Saved entries

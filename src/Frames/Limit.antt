-- ===== src/Frames/Limit.antt =====
-- The bound that `invtakeframe` checks: it compares a frame number, which runs from 1024 to 4095,
-- with NFRAMES, 3072.
use virtual_memory_xinu_f.Base.{ℕ, ◌≤◌, ◌≡◌, refl, Option, some, arith, List, inl, inr, ok, syserr}
use virtual_memory_xinu_f.Frames.{
  e2, FrameTable, PteAddr, fr_free, getfreeframe, invtakeframe, invfreeframe,
}
use virtual_memory_xinu_f.Frames.Valid.{IsValid, Held}
use virtual_memory_xinu_f.Frames.Valid.Get.{getfreeframe-IsValid}

pub invtakeframe-out :
    (f pid : ℕ) (pte : Option PteAddr) (s : FrameTable)
    → 3072 ≤ f
    → invtakeframe f pid pte s ≡ (syserr, s)
unfolding invtakeframe
invtakeframe-out f pid pte s h = ground arith

pub invfreeframe-free :
    (f : ℕ) (s : FrameTable) → (s.invpt f).fr_state ≡ fr_free → invfreeframe f s ≡ (ok, s)
unfolding invfreeframe
invfreeframe-free f s h = rw h

-- A frame of E2 with a number from 3072 on is lost when it is given out: on a well-formed state,
-- once `getfreeframe` has given it out, `invtakeframe` refuses it and leaves it marked free, so
-- that `invfreeframe` reports success without putting it back, and it is on no free list.
pub e2_frame_lost :
    (s s' : FrameTable) (xs : List ℕ) (f pid : ℕ) (pte : Option PteAddr)
    → IsValid s xs
    → getfreeframe e2 s ≡ (some f, s')
    → 3072 ≤ f
    → ((invtakeframe f pid pte s').0 ≡ syserr)
      × (invfreeframe f (invtakeframe f pid pte s').1 ≡ (ok, s'))
      × Held s' f
e2_frame_lost s s' xs f pid pte v got high = elim (getfreeframe-IsValid e2 s xs v) [
  | inl (e, empty) ↦ absurd (cc)
  | inr (g, t, e, gave) ↦
      let same_frame : g ≡ f = cc in
      let same_state : t ≡ s' = cc in
      let is_free : (s'.invpt f).fr_state ≡ fr_free =
        rw (← same_frame, ← same_state) gave.was_free in
      rw (invtakeframe-out f pid pte s' high)
        (refl, invfreeframe-free f s' is_free, rw (← same_frame, ← same_state) gave.held)
]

_DIRECTIONS_
State the number of lines above that hold the word "invtakeframe", and say nothing else.

_OUTPUT FOR THIS EXERCISE_
10